WHAT YOU NEED TO DO:
Take the lines below beginning at the line that has "add_commit_ok commit commits" and stopping after the line that has "add_commit_there ok commit", and print them exactly as they are, with no other lines.
(EXCERPTED RECORDS Opens)
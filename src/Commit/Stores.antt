-- ===== src/Commit/Stores.antt =====
-- Lemmas on the store of commits of common/commit-mgr.c.
use seafile_server.Base.{
  ◌≡◌, refl, sym, ◌∙◌, inl, inr, Bool, true, some, CString, str_eq_iff, str_eq_refl, arith,
  Option-cases, length,
}
use seafile_server.Commit.{Commit, Commits, get_commit, add_commit}

pub load_commit_id :
    (commits : Commits) (repo_id id : CString) {c : Commit}
    → get_commit commits repo_id id ≡ some c
    → (c.commit_id ≡ id) × (length id ≡ 40)
unfolding get_commit
load_commit_id commits repo_id id {c} h = elim (Option-cases (commits repo_id id)) [
  | inl e ↦ ground arith
  | inr (old, e) ↦ ground arith
]

pub add_commit-keeps :
    (ok : Bool) (commit : Commit) (commits : Commits) (r i : CString) {old : Commit}
    → commits r i ≡ some old
    → (add_commit ok commit commits).1 r i ≡ some old
unfolding add_commit
add_commit-keeps ok commit commits r i {old} h =
    ground (arith, str_eq_iff r commit.repo_id, str_eq_iff i commit.commit_id)

get_commit-same :
    (commits commits' : Commits) (r i : CString)
    → commits r i ≡ commits' r i
    → get_commit commits r i ≡ get_commit commits' r i
unfolding get_commit
get_commit-same commits commits' r i e = rw e refl

pub get_commit-keeps :
    (ok : Bool) (commit : Commit) (commits : Commits) (r i : CString) {old : Commit}
    → get_commit commits r i ≡ some old
    → get_commit (add_commit ok commit commits).1 r i ≡ some old
unfolding get_commit
get_commit-keeps ok commit commits r i {old} h = elim (Option-cases (commits r i)) [
  | inl e ↦ absurd (ground arith)
  | inr (x, e) ↦
      get_commit-same (add_commit ok commit commits).1 commits r i
        (add_commit-keeps ok commit commits r i e ∙ sym e)
      ∙ h
]

pub add_commit_ok :
    (commit : Commit) (commits : Commits)
    → add_commit true commit commits ≡ (true, (add_commit true commit commits).1)
unfolding add_commit
add_commit_ok commit commits = elim (Option-cases (commits commit.repo_id commit.commit_id)) [
  | inl e ↦ rw e refl
  | inr (x, e) ↦ rw e refl
]

-- A commit that was added is there, or another one under its id.
pub add_commit_there :
    (ok : Bool) (commit : Commit) (commits : Commits)
    → (add_commit ok commit commits).0 ≡ true
    → (x : Commit) × ((add_commit ok commit commits).1 commit.repo_id commit.commit_id ≡ some x)
unfolding add_commit
add_commit_there ok commit commits h =
    elim (Option-cases (commits commit.repo_id commit.commit_id)) [
      | inl e ↦ (commit, ground (arith, str_eq_refl commit.repo_id, str_eq_refl commit.commit_id))
      | inr (x, e) ↦ (x, ground arith)
    ]
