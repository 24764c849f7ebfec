-- ===== src/Commit/Publish/Repos.antt =====
-- What `seaf_repo_manager_get_repo` of server/repo-mgr.c has read of a library.
use seafile_server.Base.{
  ◌≤◌, ◌≡◌, refl, sym, ap, ◌∙◌, inl, inr, Option, none, some, CString, codes, arith, Bool-cases,
  length, take, ltb, take-all,
}
use seafile_server.Branch.{Branch, branch_new, get_commit_id}
use seafile_server.Commit.{Commit, Repo, get_commit, repo_from_commit}
use seafile_server.Commit.Publish.{World, PublishEnv, get_repo, with_head, loaded, blank_repo}

-- The library is the one asked for, with its branch "master".
abbrev pub IsMaster : CString → Repo → Type 0
IsMaster repo_id repo = (repo.head.name ≡ codes "master") × (repo.head.repo_id ≡ take 36 repo_id)

-- What `get_repo` has read.
pub record Read (w : World) (id : CString) (repo : Repo) : Type 0 where
  pub short : length id ≤ 36
  pub own_id : repo.id ≡ id
  pub row : CString
  pub there : w.branches.heads id (codes "master") ≡ some row
  pub head : repo.head ≡ branch_new (codes "master") id row
  pub current : Commit
  pub found : get_commit w.commits id repo.head.commit_id ≡ some current

-- The row of the branch still is the head that the library was given.
pub Read-head :
    (w : World) (id : CString) (repo : Repo) (r : Read w id repo)
    → get_commit_id (w.branches.heads repo.head.repo_id repo.head.name) ≡ repo.head.commit_id
unfolding get_commit_id branch_new
Read-head w id repo r =
    ap (λ (b : Branch). get_commit_id (w.branches.heads b.repo_id b.name)) r.head
    ∙ ap (λ (x : CString). get_commit_id (w.branches.heads x (codes "master")))
        (take-all 36 id r.short)
    ∙ ap get_commit_id r.there
    ∙ ap (λ (b : Branch). b.commit_id) (sym r.head)

module _ (E : PublishEnv) where
  loaded-Read :
      (w : World) (id store_id row : CString) (o : Option Commit) (repo : Repo)
      → length id ≤ 36
      → w.branches.heads id (codes "master") ≡ some row
      → get_commit w.commits id (branch_new (codes "master") id row).commit_id ≡ o
      → loaded E (blank_repo E id store_id (branch_new (codes "master") id row)) o ≡ some repo
      → Read w id repo
  unfolding repo_from_commit branch_new
  loaded-Read w id store_id row none repo short there found h = cc
  loaded-Read w id store_id row (some c) repo short there found h =
      let head : branch_new (codes "master") id row ≡ repo.head = cc in
      record {
        short = short;
        own_id = cc;
        row = row;
        there = there;
        head = sym head;
        current = c;
        found = ap (λ (b : Branch). get_commit w.commits id b.commit_id) (sym head) ∙ found;
      }

  with_head-Read :
      (w : World) (id : CString) (store head : Option CString) (repo : Repo)
      → length id ≤ 36
      → w.branches.heads id (codes "master") ≡ head
      → with_head E w id store head ≡ some repo
      → Read w id repo
  with_head-Read w id none head repo short there h = cc
  with_head-Read w id (some store_id) none repo short there h = cc
  with_head-Read w id (some store_id) (some row) repo short there h =
      loaded-Read w id store_id row _ repo short there refl h

  pub get_repo-Read :
      (w : World) (id : CString) (repo : Repo) → get_repo E w id ≡ some repo → Read w id repo
  unfolding get_repo
  get_repo-Read w id repo h = elim (Bool-cases (ltb (length id) 37)) [
    | inl e ↦
        with_head-Read w id (E.store_of id) (w.branches.heads id (codes "master")) repo
          (ground arith) refl (ground arith)
    | inr e ↦ absurd (ground arith)
  ]

  loaded-IsMaster :
      (id store_id commit_id : CString) (o : Option Commit) (repo : Repo)
      → loaded E (blank_repo E id store_id (branch_new (codes "master") id commit_id)) o ≡ some repo
      → IsMaster id repo
  unfolding repo_from_commit branch_new
  loaded-IsMaster id store_id commit_id none repo h = cc
  loaded-IsMaster id store_id commit_id (some c) repo h =
      let heads : branch_new (codes "master") id commit_id ≡ repo.head = cc in
      (ap (λ (b : Branch). b.name) (sym heads), ap (λ (b : Branch). b.repo_id) (sym heads))

  with_head-IsMaster :
      (w : World) (id : CString) (store head : Option CString) (repo : Repo)
      → with_head E w id store head ≡ some repo
      → IsMaster id repo
  with_head-IsMaster w id none head repo h = cc
  with_head-IsMaster w id (some store_id) none repo h = cc
  with_head-IsMaster w id (some store_id) (some commit_id) repo h =
      loaded-IsMaster id store_id commit_id
        (get_commit w.commits id (branch_new (codes "master") id commit_id).commit_id) repo h

  pub get_repo-IsMaster :
      (w : World) (repo_id : CString) {repo : Repo}
      → get_repo E w repo_id ≡ some repo
      → IsMaster repo_id repo
  unfolding get_repo
  get_repo-IsMaster w repo_id {repo} h = elim (Bool-cases (ltb (length repo_id) 37)) [
    | inl e ↦
        with_head-IsMaster w repo_id (E.store_of repo_id)
          (w.branches.heads repo_id (codes "master")) repo (ground arith)
    | inr e ↦ absurd (ground arith)
  ]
(EXCERPTED RECORDS Closes)
WRITTEN SOLUTION:
add_commit_ok commit commits = elim (Option-cases (commits commit.repo_id commit.commit_id)) [
  | inl e ↦ rw e refl
  | inr (x, e) ↦ rw e refl
]

-- A commit that was added is there, or another one under its id.
pub add_commit_there :
    (ok : Bool) (commit : Commit) (commits : Commits)
    → (add_commit ok commit commits).0 ≡ true
    → (x : Commit) × ((add_commit ok commit commits).1 commit.repo_id commit.commit_id ≡ some x)
unfolding add_commit
add_commit_there ok commit commits h =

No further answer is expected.